■ **Instructions for the task**
Once a line is found to contain "IsDesc", copy it out of the listing.

■ **Information**
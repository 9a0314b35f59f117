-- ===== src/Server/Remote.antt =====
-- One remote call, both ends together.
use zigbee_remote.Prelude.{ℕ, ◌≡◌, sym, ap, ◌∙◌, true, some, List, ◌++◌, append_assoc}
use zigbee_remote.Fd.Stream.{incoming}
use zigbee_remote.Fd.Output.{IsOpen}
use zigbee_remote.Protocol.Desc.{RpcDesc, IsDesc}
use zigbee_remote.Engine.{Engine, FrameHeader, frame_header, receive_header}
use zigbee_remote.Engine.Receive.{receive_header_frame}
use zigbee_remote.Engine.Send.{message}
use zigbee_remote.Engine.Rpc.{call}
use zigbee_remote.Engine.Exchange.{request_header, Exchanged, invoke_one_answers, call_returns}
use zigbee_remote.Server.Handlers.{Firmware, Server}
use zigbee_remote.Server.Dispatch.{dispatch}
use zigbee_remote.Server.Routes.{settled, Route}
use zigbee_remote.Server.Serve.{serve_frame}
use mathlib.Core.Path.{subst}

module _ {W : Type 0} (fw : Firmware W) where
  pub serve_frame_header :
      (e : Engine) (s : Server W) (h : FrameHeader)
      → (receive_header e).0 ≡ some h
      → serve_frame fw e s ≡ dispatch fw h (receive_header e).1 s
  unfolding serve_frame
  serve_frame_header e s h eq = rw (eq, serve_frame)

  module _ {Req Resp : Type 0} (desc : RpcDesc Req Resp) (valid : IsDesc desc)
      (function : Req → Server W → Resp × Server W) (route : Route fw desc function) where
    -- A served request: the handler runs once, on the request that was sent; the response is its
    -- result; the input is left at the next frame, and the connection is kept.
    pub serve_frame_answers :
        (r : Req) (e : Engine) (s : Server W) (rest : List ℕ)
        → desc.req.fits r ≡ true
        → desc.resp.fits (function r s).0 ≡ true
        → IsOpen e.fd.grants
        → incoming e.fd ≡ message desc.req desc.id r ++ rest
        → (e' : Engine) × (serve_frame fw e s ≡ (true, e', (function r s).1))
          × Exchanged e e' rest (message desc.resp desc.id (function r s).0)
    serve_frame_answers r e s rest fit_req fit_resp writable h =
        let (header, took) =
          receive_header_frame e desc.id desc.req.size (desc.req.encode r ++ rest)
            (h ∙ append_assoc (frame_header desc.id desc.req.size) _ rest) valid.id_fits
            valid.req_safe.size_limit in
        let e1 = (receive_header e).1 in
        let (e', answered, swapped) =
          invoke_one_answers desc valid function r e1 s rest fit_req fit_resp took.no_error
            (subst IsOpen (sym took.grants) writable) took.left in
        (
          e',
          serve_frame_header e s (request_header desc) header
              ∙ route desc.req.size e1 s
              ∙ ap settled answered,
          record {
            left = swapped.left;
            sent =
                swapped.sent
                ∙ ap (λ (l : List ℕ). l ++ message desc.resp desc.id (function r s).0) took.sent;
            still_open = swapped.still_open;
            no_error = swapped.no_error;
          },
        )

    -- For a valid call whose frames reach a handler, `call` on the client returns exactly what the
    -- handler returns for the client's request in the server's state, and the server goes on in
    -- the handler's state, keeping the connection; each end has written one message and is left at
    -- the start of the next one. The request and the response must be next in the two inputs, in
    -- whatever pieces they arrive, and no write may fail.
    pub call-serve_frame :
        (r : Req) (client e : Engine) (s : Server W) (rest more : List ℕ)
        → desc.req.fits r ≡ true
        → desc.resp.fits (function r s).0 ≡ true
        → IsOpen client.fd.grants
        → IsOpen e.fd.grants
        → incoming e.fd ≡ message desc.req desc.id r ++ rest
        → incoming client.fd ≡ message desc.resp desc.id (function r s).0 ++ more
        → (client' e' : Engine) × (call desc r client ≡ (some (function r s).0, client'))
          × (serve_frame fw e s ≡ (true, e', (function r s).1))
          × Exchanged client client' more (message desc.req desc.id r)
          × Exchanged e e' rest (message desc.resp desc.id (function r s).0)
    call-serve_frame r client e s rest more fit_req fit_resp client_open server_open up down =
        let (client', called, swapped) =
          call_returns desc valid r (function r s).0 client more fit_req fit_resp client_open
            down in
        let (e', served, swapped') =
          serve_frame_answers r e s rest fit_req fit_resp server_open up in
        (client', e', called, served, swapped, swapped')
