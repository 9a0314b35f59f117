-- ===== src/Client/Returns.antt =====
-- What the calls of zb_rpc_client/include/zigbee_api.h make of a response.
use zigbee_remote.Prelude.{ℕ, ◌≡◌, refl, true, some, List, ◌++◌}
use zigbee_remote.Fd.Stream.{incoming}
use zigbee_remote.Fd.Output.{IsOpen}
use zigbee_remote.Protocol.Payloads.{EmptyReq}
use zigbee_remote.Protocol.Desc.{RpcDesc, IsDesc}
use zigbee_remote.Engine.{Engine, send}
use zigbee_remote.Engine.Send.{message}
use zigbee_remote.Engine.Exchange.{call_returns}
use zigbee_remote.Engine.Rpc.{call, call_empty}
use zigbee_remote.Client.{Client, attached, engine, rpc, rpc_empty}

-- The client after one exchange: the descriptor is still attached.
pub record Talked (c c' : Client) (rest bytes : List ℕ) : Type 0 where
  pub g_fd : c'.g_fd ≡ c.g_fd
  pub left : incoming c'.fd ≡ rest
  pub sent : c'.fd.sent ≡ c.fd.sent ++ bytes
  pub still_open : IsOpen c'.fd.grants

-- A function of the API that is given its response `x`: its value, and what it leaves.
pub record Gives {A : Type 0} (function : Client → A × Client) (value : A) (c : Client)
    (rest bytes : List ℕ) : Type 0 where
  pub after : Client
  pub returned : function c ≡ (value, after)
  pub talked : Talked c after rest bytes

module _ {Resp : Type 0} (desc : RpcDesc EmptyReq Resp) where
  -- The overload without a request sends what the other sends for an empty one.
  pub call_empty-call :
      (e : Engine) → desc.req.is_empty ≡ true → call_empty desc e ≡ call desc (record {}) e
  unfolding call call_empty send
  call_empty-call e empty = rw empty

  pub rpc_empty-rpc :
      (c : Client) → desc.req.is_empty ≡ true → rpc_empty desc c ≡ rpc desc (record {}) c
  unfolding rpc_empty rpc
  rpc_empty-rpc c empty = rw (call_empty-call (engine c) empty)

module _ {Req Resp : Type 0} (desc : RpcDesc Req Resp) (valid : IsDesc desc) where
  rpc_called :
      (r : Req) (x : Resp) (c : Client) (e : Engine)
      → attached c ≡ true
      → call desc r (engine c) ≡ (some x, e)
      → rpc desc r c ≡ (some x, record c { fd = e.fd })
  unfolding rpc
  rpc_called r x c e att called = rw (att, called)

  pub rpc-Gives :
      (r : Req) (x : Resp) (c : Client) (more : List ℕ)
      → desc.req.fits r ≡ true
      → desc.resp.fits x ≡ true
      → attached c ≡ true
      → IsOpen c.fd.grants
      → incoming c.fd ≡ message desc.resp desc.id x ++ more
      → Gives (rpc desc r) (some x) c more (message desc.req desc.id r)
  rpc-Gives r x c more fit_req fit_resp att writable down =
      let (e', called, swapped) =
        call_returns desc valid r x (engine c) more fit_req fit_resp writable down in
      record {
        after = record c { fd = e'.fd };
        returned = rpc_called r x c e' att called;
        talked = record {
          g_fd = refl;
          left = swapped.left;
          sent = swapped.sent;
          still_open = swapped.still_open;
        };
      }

■ **Solution for this exercise**
use zigbee_remote.Protocol.Desc.{RpcDesc, IsDesc}
  module _ {Req Resp : Type 0} (desc : RpcDesc Req Resp) (valid : IsDesc desc)
use zigbee_remote.Protocol.Desc.{RpcDesc, IsDesc}
module _ {Req Resp : Type 0} (desc : RpcDesc Req Resp) (valid : IsDesc desc) where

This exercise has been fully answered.